**Prompt**. All that should be output is the block of lines below from the line with "on_pause_failure job (bitrix oauth_configuration_error)" to the line with "on_pause_failure job (bitrix timeout_error)", both included, exactly as written.

[Recorded data]
-- Opening Marker --

-- ===== src/Jobs/Processor/ShortPause.antt =====
-- The short pause: `process` of app/jobs/processor.py after its dispatch, and `_return_values`.
use Prim.Native.String.{◌++◌}
use b24_sinedis.Prelude.{
  ℕ, pos, ◌-◌, ◌/◌, String, Bool, false, Option, none, some, if◌then◌else◌, ◌==◌, comparable_texts,
}
use b24_sinedis.Prelude.Text.{show_nat}
use b24_sinedis.Value.{str, int, Fields, field, end}
use b24_sinedis.Settings.{Settings, second}
use b24_sinedis.Portals.{BitrixPortal}
use b24_sinedis.Jobs.Model.{AutomationJob}
use b24_sinedis.Jobs.Processor.Persisted.{validated_data}
use b24_sinedis.Jobs.Processor.Outcome.{failed, expired, complete, retry, send_event}
use b24_sinedis.Runtime.{Env, Action, ◌>>=◌, raise, lift, try_else, read_clock}
use b24_sinedis.Bitrix.Exceptions.{
  Failure, bitrix, configuration_error, transport_error, timeout_error, invalid_response,
  authentication_error, permission_error, rate_limit_error, temporary_error, permanent_error,
  oauth_configuration_error, oauth_temporary_error, oauth_refresh_rejected, encryption_error,
  job_data_error,
}

unfoldable pub pause_values : Env → ℕ → ℕ → ℕ → ℕ → Fields
unfolding show_nat
pause_values env job_id scheduled_at resumed_at requested_delay = field "status" (str "completed") (
    field "job_id" (str (show_nat job_id)) (
      field "scheduled_at" (str (env.iso_format scheduled_at)) (
        field "resumed_at" (str (env.iso_format resumed_at)) (
          field "requested_delay_seconds" (int (pos requested_delay)) (
            field "actual_delay_seconds" (int (pos ((resumed_at - scheduled_at) / second))) end)))))

-- previous_error == "event_delivery_outcome_unknown"
abbrev pub outcome_unknown : Option String → Bool
outcome_unknown none = false
outcome_unknown (some s) = s == "event_delivery_outcome_unknown"

module _ (env : Env) (settings : Settings) where
  -- The chain of `except` clauses; an exception that none names leaves the method.
  abbrev pub on_pause_failure : AutomationJob → Failure → Action (Unit {0})
  on_pause_failure job (bitrix (permission_error e)) =
      if e.code == "ACCESS_DENIED"
      then (if outcome_unknown job.last_error
          then failed env job "event_delivery_requires_manual_review"
          else expired env job "event_token_invalid_or_expired")
      else failed env job "event_delivery_permission_denied"
  on_pause_failure job (bitrix (authentication_error e)) =
      failed env job "portal_authentication_failed"
  on_pause_failure job (bitrix configuration_error) = failed env job "portal_authentication_failed"
  on_pause_failure job (bitrix oauth_configuration_error) =
      failed env job "portal_authentication_failed"
  on_pause_failure job (bitrix oauth_refresh_rejected) =
      failed env job "portal_authentication_failed"
  on_pause_failure job (bitrix (permanent_error e)) =
      failed env job "event_delivery_permanent_error"
  on_pause_failure job (bitrix (rate_limit_error e)) =
      retry env settings job "event_delivery_rate_limited" (bitrix (rate_limit_error e))
  on_pause_failure job (bitrix (temporary_error e)) =
      retry env settings job "event_delivery_temporary_error" (bitrix (temporary_error e))
  on_pause_failure job (bitrix (invalid_response s)) =
      retry env settings job "event_delivery_invalid_response" (bitrix (invalid_response s))
  on_pause_failure job (bitrix oauth_temporary_error) =
      retry env settings job "oauth_temporarily_unavailable" (bitrix oauth_temporary_error)
  on_pause_failure job (bitrix transport_error) =
      retry env settings job "event_delivery_outcome_unknown" (bitrix transport_error)
  on_pause_failure job (bitrix timeout_error) =
      retry env settings job "event_delivery_outcome_unknown" (bitrix timeout_error)
  on_pause_failure job encryption_error = failed env job "portal_token_decryption_failed"
  on_pause_failure job job_data_error = failed env job "event_delivery_not_confirmed"
  on_pause_failure job e = raise e

  unfoldable pub resume_pause : AutomationJob → String → ℕ → ℕ → Action (Unit {0})
  unfolding read_clock pause_values send_event failed expired retry complete show_nat
  resume_pause job event_token scheduled_at requested_delay = do
    proposed_resume ← read_clock env
    let values = pause_values env job.id scheduled_at proposed_resume requested_delay
    try_else
        (send_event env settings job event_token values
          ("Короткая пауза завершена. Задание: " ++ (show_nat job.id ++ ".")))
        (on_pause_failure job) (λ _. complete env job proposed_resume values)

  -- `except (JobDataError, EncryptionError)`
  abbrev pub on_invalid : AutomationJob → Failure → Action (Unit {0})
  on_invalid job job_data_error = failed env job "invalid_persisted_job"
  on_invalid job encryption_error = failed env job "invalid_persisted_job"
  on_invalid job e = raise e

  unfoldable pub process_short_pause : AutomationJob → Option BitrixPortal → Action (Unit {0})
  unfolding validated_data failed resume_pause
  process_short_pause job portal =
      try_else (lift (validated_data env job portal)) (on_invalid job) λ (event_token, scheduled).
        let (scheduled_at, requested) = scheduled in
        resume_pause job event_token scheduled_at requested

-- Closing Marker --

**Response**.
  on_pause_failure job (bitrix oauth_configuration_error) =
      failed env job "portal_authentication_failed"
  on_pause_failure job (bitrix oauth_refresh_rejected) =
      failed env job "portal_authentication_failed"
  on_pause_failure job (bitrix (permanent_error e)) =
      failed env job "event_delivery_permanent_error"
  on_pause_failure job (bitrix (rate_limit_error e)) =
      retry env settings job "event_delivery_rate_limited" (bitrix (rate_limit_error e))
  on_pause_failure job (bitrix (temporary_error e)) =
      retry env settings job "event_delivery_temporary_error" (bitrix (temporary_error e))
  on_pause_failure job (bitrix (invalid_response s)) =
      retry env settings job "event_delivery_invalid_response" (bitrix (invalid_response s))
  on_pause_failure job (bitrix oauth_temporary_error) =
      retry env settings job "oauth_temporarily_unavailable" (bitrix oauth_temporary_error)
  on_pause_failure job (bitrix transport_error) =
      retry env settings job "event_delivery_outcome_unknown" (bitrix transport_error)
  on_pause_failure job (bitrix timeout_error) =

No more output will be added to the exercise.